### EXERCISE
For the word "trans", state the number of lines in the data that contain it, and nothing else.
[Start of section]
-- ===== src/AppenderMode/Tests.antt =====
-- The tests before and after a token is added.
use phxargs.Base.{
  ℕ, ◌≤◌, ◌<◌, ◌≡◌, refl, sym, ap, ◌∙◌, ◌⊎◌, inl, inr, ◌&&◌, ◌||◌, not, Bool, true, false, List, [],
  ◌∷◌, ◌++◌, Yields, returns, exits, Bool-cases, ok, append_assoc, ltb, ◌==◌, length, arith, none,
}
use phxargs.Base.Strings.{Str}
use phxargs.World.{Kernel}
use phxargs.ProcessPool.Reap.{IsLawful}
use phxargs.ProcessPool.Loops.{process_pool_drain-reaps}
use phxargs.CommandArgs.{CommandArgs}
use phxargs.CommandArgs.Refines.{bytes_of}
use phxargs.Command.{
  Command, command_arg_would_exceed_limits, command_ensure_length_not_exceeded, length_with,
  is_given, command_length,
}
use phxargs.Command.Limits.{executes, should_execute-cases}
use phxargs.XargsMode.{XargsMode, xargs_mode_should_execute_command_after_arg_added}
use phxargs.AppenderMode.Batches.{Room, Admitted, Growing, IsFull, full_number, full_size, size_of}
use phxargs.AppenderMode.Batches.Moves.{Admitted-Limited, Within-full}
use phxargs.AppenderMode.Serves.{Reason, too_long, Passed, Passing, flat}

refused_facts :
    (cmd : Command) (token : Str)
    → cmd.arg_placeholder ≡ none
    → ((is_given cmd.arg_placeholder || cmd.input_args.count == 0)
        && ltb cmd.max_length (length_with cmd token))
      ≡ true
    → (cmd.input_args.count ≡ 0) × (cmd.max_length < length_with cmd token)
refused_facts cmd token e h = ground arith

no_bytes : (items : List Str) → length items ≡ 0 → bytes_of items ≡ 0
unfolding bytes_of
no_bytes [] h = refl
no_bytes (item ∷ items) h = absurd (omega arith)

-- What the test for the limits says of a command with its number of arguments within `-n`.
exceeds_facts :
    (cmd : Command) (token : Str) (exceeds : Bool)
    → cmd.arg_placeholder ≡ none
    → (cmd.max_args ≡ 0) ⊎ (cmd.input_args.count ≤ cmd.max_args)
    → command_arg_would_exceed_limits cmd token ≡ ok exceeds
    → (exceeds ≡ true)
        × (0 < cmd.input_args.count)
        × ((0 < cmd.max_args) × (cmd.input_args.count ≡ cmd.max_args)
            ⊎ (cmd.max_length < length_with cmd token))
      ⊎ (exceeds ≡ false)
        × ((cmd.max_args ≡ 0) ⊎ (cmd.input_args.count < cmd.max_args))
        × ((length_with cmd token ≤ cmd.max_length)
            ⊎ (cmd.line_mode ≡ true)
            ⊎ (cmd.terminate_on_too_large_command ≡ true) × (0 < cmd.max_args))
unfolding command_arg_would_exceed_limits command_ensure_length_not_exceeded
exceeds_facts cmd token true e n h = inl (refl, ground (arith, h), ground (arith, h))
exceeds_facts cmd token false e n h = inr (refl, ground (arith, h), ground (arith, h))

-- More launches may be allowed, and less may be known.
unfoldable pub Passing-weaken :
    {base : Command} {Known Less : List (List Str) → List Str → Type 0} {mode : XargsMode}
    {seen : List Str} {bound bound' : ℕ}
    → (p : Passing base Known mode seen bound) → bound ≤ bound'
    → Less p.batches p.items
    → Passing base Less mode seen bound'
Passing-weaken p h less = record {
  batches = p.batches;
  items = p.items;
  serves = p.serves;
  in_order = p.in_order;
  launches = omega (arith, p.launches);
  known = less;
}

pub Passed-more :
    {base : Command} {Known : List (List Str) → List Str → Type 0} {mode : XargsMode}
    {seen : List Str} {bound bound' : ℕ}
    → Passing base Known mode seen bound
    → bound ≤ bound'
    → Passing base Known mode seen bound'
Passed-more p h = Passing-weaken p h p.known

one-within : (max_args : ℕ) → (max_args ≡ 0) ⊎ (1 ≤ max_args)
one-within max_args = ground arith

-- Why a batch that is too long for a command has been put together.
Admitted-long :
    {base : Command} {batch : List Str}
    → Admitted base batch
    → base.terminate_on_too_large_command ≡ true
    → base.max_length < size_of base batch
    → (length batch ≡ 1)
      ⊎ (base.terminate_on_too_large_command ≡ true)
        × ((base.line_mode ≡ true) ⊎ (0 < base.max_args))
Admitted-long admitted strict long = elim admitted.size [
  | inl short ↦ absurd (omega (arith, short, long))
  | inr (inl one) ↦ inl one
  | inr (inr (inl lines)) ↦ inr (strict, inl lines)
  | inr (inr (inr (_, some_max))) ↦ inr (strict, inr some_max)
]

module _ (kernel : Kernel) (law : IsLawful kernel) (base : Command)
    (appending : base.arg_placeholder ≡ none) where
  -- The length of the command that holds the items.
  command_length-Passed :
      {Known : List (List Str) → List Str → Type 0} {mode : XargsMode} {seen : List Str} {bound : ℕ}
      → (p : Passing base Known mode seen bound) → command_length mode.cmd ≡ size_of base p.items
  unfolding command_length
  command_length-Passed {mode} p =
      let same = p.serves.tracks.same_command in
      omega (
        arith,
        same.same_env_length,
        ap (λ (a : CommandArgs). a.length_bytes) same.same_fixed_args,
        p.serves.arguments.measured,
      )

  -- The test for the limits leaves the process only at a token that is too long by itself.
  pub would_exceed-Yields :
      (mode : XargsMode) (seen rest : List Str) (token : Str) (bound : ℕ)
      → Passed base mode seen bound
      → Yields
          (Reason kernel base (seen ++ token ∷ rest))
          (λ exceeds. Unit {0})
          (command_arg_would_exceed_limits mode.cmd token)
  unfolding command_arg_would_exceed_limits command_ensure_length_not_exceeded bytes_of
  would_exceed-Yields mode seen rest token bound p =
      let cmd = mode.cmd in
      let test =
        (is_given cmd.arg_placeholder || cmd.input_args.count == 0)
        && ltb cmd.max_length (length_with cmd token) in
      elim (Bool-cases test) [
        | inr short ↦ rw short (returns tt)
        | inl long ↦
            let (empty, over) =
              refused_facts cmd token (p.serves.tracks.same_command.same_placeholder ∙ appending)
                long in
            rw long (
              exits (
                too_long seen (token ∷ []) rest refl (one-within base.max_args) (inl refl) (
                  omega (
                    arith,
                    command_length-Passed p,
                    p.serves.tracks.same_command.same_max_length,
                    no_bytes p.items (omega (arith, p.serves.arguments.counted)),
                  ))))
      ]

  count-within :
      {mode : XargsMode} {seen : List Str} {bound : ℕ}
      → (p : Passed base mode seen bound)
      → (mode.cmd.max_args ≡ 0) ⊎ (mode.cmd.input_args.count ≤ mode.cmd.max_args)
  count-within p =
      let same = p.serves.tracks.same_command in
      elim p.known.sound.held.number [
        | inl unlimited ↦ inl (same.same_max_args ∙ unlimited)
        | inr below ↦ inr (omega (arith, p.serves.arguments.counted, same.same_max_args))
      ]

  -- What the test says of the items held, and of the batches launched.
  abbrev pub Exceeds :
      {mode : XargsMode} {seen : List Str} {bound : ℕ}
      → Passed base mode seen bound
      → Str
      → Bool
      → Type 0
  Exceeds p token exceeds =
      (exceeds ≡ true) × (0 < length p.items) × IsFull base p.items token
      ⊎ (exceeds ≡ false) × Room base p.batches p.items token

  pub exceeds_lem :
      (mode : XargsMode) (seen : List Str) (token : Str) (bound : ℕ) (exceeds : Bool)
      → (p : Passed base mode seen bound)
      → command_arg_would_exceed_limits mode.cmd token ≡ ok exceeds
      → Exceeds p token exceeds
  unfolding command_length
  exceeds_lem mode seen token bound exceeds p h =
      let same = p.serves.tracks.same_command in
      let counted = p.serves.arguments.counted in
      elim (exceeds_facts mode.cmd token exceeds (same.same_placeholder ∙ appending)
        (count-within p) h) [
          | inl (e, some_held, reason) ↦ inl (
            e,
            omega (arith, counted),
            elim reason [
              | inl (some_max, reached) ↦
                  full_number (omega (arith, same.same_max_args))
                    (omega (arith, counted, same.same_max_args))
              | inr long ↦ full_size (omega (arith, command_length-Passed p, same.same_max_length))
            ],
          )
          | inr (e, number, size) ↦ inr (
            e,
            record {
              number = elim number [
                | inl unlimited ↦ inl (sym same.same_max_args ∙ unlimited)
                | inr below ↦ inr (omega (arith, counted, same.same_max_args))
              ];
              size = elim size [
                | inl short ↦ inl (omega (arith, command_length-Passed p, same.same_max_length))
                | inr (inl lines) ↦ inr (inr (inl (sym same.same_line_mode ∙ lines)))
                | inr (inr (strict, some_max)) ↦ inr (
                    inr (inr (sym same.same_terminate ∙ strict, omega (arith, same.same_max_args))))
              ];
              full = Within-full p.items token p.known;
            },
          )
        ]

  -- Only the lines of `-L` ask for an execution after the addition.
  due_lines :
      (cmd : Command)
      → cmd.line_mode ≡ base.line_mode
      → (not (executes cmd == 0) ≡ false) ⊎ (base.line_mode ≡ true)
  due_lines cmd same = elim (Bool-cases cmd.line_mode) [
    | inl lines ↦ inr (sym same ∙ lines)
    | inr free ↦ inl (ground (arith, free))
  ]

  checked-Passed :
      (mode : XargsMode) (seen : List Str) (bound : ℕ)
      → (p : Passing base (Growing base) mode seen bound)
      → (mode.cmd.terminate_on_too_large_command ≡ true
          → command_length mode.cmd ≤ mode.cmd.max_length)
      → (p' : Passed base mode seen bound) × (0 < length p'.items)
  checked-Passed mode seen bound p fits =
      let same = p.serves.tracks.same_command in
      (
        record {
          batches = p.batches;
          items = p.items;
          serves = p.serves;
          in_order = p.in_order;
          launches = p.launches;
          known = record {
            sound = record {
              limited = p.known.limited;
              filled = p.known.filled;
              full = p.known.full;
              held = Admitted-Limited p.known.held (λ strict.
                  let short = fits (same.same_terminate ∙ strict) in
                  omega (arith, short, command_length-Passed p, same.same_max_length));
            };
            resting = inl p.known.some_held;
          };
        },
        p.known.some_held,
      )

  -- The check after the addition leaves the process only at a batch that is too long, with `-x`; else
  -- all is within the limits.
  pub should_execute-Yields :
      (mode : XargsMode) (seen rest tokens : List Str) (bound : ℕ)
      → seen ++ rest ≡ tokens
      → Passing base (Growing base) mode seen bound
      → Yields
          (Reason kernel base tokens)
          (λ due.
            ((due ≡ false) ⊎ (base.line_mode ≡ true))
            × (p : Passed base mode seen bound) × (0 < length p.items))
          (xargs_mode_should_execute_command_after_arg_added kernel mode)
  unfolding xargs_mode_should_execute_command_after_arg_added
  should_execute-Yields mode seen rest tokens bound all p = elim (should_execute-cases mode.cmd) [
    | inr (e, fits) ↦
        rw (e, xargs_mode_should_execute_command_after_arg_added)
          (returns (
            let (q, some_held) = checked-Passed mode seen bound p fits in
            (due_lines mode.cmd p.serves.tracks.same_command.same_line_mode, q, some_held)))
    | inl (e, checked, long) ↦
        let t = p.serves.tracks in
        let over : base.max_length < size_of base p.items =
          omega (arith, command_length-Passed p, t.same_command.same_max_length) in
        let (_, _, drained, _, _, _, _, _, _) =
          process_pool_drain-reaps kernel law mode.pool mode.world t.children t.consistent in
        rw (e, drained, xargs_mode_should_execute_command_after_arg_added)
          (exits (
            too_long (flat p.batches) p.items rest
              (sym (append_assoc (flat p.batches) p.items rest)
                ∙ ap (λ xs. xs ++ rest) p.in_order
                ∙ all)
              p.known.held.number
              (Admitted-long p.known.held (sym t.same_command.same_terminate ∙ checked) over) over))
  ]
[End of section]
[Start of section]
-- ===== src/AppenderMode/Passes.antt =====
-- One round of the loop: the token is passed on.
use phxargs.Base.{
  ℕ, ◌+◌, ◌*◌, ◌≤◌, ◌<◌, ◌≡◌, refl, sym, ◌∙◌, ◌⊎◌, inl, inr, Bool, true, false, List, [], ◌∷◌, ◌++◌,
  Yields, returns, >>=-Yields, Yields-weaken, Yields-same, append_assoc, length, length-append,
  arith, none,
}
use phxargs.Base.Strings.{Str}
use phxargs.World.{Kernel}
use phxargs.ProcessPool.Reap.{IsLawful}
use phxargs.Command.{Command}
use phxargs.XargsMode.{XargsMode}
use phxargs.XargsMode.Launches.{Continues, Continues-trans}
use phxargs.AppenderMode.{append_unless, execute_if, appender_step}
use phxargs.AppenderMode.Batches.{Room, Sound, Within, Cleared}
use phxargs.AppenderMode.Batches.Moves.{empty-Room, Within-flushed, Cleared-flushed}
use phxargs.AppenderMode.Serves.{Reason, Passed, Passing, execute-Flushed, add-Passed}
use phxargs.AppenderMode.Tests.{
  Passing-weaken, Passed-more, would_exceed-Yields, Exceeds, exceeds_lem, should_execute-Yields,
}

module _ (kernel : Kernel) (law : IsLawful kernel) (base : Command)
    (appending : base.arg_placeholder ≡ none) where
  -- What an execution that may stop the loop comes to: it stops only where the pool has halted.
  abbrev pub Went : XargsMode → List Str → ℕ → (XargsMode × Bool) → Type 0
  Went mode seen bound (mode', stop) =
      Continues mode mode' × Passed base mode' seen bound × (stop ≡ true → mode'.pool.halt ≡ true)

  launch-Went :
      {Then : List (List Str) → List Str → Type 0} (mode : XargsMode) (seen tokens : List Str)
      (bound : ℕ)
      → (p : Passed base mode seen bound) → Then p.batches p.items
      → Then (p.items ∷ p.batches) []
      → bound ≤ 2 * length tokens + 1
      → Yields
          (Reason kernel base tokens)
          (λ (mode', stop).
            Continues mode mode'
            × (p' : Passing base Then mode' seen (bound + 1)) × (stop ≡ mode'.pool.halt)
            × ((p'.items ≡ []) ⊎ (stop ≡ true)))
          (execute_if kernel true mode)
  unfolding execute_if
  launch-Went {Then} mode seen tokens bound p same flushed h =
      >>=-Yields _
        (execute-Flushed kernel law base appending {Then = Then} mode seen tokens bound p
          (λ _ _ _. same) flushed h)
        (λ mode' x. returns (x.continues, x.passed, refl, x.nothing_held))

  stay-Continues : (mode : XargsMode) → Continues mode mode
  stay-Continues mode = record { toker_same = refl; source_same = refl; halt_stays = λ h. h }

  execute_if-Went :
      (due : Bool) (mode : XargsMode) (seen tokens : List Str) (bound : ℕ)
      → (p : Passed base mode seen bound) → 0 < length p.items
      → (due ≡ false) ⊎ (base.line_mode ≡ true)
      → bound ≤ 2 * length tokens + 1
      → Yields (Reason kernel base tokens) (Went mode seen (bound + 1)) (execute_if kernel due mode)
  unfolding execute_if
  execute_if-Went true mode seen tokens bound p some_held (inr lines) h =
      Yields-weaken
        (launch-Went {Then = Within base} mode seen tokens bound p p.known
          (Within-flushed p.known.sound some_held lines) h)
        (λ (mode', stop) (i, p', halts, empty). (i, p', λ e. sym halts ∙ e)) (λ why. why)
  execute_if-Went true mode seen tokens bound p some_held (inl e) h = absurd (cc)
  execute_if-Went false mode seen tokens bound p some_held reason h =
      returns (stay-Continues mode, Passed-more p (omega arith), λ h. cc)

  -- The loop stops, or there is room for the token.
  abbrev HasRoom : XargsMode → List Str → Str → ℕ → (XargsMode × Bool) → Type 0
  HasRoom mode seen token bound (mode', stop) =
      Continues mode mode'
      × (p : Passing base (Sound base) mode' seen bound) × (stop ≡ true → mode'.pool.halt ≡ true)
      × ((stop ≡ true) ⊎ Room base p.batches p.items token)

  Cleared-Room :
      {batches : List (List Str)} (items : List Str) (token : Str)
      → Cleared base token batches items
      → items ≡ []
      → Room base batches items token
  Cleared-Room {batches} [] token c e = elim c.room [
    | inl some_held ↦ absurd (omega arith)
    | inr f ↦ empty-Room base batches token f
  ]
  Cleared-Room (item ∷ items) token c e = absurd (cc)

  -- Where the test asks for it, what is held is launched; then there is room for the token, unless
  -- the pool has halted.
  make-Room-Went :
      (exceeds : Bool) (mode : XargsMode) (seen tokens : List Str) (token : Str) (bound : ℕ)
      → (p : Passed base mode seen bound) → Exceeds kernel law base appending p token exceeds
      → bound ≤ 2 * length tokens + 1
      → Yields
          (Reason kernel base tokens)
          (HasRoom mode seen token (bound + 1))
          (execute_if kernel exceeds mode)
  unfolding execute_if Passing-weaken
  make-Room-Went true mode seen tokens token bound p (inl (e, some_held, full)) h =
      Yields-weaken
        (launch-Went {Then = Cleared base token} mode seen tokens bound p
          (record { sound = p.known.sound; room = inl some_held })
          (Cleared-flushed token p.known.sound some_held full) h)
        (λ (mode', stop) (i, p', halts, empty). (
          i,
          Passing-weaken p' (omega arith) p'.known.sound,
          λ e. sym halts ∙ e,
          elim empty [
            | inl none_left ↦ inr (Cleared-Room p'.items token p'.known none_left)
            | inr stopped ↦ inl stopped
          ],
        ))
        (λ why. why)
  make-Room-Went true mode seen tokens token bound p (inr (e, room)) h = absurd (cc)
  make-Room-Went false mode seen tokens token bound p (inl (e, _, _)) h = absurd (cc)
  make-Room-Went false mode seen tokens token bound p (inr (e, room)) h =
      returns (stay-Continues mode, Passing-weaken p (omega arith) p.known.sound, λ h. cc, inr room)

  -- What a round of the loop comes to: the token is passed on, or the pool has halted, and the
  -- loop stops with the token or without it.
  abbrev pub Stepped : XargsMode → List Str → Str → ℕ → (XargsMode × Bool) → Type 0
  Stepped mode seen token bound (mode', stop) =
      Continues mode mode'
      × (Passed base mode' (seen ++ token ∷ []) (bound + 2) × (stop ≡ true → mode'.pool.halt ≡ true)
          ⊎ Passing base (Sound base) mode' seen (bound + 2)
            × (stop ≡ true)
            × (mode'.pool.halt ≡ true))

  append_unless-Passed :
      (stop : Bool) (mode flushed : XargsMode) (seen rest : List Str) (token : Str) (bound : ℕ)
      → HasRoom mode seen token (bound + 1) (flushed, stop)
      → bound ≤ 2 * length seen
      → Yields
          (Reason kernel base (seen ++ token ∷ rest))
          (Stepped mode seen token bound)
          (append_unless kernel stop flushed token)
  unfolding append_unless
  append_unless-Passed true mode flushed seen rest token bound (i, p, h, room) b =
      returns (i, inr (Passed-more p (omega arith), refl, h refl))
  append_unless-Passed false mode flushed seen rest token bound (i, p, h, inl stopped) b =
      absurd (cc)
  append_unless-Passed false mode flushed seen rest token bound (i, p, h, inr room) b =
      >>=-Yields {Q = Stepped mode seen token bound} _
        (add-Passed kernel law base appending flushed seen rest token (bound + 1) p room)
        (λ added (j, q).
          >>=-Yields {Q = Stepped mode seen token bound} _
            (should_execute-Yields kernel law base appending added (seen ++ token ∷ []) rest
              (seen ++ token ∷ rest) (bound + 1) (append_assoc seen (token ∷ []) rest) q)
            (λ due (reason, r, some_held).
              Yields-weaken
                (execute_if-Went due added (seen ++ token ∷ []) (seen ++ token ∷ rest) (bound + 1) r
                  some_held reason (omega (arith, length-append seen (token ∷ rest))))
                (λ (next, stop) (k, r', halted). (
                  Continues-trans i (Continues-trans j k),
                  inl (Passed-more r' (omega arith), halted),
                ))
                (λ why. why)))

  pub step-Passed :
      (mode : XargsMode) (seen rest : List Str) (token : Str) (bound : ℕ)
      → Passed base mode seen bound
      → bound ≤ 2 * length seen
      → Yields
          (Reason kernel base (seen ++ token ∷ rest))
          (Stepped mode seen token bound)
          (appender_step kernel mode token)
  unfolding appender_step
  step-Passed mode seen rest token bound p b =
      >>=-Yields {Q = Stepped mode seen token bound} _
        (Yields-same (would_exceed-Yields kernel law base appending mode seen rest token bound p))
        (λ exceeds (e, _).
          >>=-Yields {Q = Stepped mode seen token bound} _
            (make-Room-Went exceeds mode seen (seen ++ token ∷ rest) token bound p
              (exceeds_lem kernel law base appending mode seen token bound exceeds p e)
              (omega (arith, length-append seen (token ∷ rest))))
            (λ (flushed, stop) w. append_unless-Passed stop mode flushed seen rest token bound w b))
[End of section]
### EXERCISE ANSWER
2